- Supplied data -

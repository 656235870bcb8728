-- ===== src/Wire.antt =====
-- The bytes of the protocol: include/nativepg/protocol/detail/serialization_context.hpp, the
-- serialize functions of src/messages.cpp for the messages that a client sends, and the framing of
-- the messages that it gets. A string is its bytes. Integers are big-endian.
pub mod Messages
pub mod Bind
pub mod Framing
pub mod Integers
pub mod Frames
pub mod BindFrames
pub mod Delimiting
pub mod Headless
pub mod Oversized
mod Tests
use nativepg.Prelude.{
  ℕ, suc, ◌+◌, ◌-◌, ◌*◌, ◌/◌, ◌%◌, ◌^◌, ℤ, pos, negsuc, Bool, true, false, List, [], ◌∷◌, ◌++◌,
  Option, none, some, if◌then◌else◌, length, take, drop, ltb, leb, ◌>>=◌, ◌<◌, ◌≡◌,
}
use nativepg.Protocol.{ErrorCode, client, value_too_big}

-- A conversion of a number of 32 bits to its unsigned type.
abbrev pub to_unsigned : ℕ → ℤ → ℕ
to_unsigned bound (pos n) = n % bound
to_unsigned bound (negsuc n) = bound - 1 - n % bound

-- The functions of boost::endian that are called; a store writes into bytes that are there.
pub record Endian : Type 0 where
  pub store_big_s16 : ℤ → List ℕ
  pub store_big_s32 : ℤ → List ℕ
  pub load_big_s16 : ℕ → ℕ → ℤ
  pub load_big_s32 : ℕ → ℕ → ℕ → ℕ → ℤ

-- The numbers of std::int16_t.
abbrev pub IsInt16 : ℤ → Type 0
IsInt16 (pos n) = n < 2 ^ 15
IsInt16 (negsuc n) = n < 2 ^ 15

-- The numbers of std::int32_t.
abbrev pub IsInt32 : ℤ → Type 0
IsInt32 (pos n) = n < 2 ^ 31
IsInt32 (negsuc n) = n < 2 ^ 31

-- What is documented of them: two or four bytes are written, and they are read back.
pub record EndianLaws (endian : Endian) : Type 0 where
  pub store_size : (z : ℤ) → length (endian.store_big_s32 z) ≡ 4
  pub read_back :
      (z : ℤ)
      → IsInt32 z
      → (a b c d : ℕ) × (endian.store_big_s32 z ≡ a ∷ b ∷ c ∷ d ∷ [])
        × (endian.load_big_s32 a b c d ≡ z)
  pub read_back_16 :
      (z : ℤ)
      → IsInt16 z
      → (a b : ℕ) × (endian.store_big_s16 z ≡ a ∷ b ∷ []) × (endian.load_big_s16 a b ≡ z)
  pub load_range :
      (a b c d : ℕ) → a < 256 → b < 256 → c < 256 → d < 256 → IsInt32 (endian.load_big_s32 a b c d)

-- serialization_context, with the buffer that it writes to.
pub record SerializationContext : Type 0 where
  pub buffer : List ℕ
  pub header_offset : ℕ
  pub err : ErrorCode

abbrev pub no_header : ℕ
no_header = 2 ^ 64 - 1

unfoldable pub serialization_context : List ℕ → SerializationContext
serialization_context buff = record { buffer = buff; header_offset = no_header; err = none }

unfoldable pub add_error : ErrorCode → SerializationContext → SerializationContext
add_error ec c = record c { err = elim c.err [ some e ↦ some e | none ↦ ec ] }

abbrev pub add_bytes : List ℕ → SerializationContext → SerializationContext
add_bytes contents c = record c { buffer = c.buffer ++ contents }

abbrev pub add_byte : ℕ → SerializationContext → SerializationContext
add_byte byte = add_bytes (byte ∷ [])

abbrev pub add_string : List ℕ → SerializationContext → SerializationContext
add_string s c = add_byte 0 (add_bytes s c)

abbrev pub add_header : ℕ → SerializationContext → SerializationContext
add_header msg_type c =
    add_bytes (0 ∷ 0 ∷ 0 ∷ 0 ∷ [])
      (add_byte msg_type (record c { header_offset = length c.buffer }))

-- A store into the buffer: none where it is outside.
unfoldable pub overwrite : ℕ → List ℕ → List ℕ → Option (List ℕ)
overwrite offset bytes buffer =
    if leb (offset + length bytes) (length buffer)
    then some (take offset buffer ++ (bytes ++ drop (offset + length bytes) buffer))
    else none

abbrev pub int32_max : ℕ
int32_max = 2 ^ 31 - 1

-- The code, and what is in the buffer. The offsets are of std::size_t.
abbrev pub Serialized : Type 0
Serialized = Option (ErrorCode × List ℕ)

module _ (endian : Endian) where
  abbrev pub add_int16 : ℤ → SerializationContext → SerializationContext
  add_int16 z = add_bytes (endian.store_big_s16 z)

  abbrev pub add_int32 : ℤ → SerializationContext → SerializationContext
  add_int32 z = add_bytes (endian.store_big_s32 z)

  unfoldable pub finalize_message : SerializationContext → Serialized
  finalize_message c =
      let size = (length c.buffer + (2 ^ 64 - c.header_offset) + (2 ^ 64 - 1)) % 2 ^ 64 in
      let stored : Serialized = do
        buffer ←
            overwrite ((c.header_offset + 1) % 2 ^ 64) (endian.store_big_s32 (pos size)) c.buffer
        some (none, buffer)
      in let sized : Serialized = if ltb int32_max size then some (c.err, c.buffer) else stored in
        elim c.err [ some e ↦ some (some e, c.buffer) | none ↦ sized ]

- About this exercise -
Write out the records again, exactly as given.

- Result -
repository 656235870bcb8728
-- ===== src/Wire.antt =====
-- The bytes of the protocol: include/nativepg/protocol/detail/serialization_context.hpp, the
-- serialize functions of src/messages.cpp for the messages that a client sends, and the framing of
-- the messages that it gets. A string is its bytes. Integers are big-endian.
pub mod Messages
pub mod Bind
pub mod Framing
pub mod Integers
pub mod Frames
pub mod BindFrames
pub mod Delimiting
pub mod Headless
pub mod Oversized
mod Tests
use nativepg.Prelude.{
  ℕ, suc, ◌+◌, ◌-◌, ◌*◌, ◌/◌, ◌%◌, ◌^◌, ℤ, pos, negsuc, Bool, true, false, List, [], ◌∷◌, ◌++◌,
  Option, none, some, if◌then◌else◌, length, take, drop, ltb, leb, ◌>>=◌, ◌<◌, ◌≡◌,
}
use nativepg.Protocol.{ErrorCode, client, value_too_big}

-- A conversion of a number of 32 bits to its unsigned type.
abbrev pub to_unsigned : ℕ → ℤ → ℕ
to_unsigned bound (pos n) = n % bound
to_unsigned bound (negsuc n) = bound - 1 - n % bound

-- The functions of boost::endian that are called; a store writes into bytes that are there.
pub record Endian : Type 0 where
  pub store_big_s16 : ℤ → List ℕ
  pub store_big_s32 : ℤ → List ℕ
  pub load_big_s16 : ℕ → ℕ → ℤ
  pub load_big_s32 : ℕ → ℕ → ℕ → ℕ → ℤ

-- The numbers of std::int16_t.
abbrev pub IsInt16 : ℤ → Type 0
IsInt16 (pos n) = n < 2 ^ 15
IsInt16 (negsuc n) = n < 2 ^ 15

-- The numbers of std::int32_t.
abbrev pub IsInt32 : ℤ → Type 0
IsInt32 (pos n) = n < 2 ^ 31
IsInt32 (negsuc n) = n < 2 ^ 31

-- What is documented of them: two or four bytes are written, and they are read back.
pub record EndianLaws (endian : Endian) : Type 0 where
  pub store_size : (z : ℤ) → length (endian.store_big_s32 z) ≡ 4
  pub read_back :
      (z : ℤ)
      → IsInt32 z
      → (a b c d : ℕ) × (endian.store_big_s32 z ≡ a ∷ b ∷ c ∷ d ∷ [])
        × (endian.load_big_s32 a b c d ≡ z)
  pub read_back_16 :
      (z : ℤ)
      → IsInt16 z
      → (a b : ℕ) × (endian.store_big_s16 z ≡ a ∷ b ∷ []) × (endian.load_big_s16 a b ≡ z)
  pub load_range :
      (a b c d : ℕ) → a < 256 → b < 256 → c < 256 → d < 256 → IsInt32 (endian.load_big_s32 a b c d)

-- serialization_context, with the buffer that it writes to.
pub record SerializationContext : Type 0 where
  pub buffer : List ℕ
  pub header_offset : ℕ
  pub err : ErrorCode

abbrev pub no_header : ℕ
no_header = 2 ^ 64 - 1

unfoldable pub serialization_context : List ℕ → SerializationContext
serialization_context buff = record { buffer = buff; header_offset = no_header; err = none }

unfoldable pub add_error : ErrorCode → SerializationContext → SerializationContext
add_error ec c = record c { err = elim c.err [ some e ↦ some e | none ↦ ec ] }

abbrev pub add_bytes : List ℕ → SerializationContext → SerializationContext
add_bytes contents c = record c { buffer = c.buffer ++ contents }

abbrev pub add_byte : ℕ → SerializationContext → SerializationContext
add_byte byte = add_bytes (byte ∷ [])

abbrev pub add_string : List ℕ → SerializationContext → SerializationContext
add_string s c = add_byte 0 (add_bytes s c)

abbrev pub add_header : ℕ → SerializationContext → SerializationContext
add_header msg_type c =
    add_bytes (0 ∷ 0 ∷ 0 ∷ 0 ∷ [])
      (add_byte msg_type (record c { header_offset = length c.buffer }))

-- A store into the buffer: none where it is outside.
unfoldable pub overwrite : ℕ → List ℕ → List ℕ → Option (List ℕ)
overwrite offset bytes buffer =
    if leb (offset + length bytes) (length buffer)
    then some (take offset buffer ++ (bytes ++ drop (offset + length bytes) buffer))
    else none

abbrev pub int32_max : ℕ
int32_max = 2 ^ 31 - 1

-- The code, and what is in the buffer. The offsets are of std::size_t.
abbrev pub Serialized : Type 0
Serialized = Option (ErrorCode × List ℕ)

module _ (endian : Endian) where
  abbrev pub add_int16 : ℤ → SerializationContext → SerializationContext
  add_int16 z = add_bytes (endian.store_big_s16 z)

  abbrev pub add_int32 : ℤ → SerializationContext → SerializationContext
  add_int32 z = add_bytes (endian.store_big_s32 z)

  unfoldable pub finalize_message : SerializationContext → Serialized
  finalize_message c =
      let size = (length c.buffer + (2 ^ 64 - c.header_offset) + (2 ^ 64 - 1)) % 2 ^ 64 in
      let stored : Serialized = do
        buffer ←
            overwrite ((c.header_offset + 1) % 2 ^ 64) (endian.store_big_s32 (pos size)) c.buffer
        some (none, buffer)
      in let sized : Serialized = if ltb int32_max size then some (c.err, c.buffer) else stored in
        elim c.err [ some e ↦ some (some e, c.buffer) | none ↦ sized ]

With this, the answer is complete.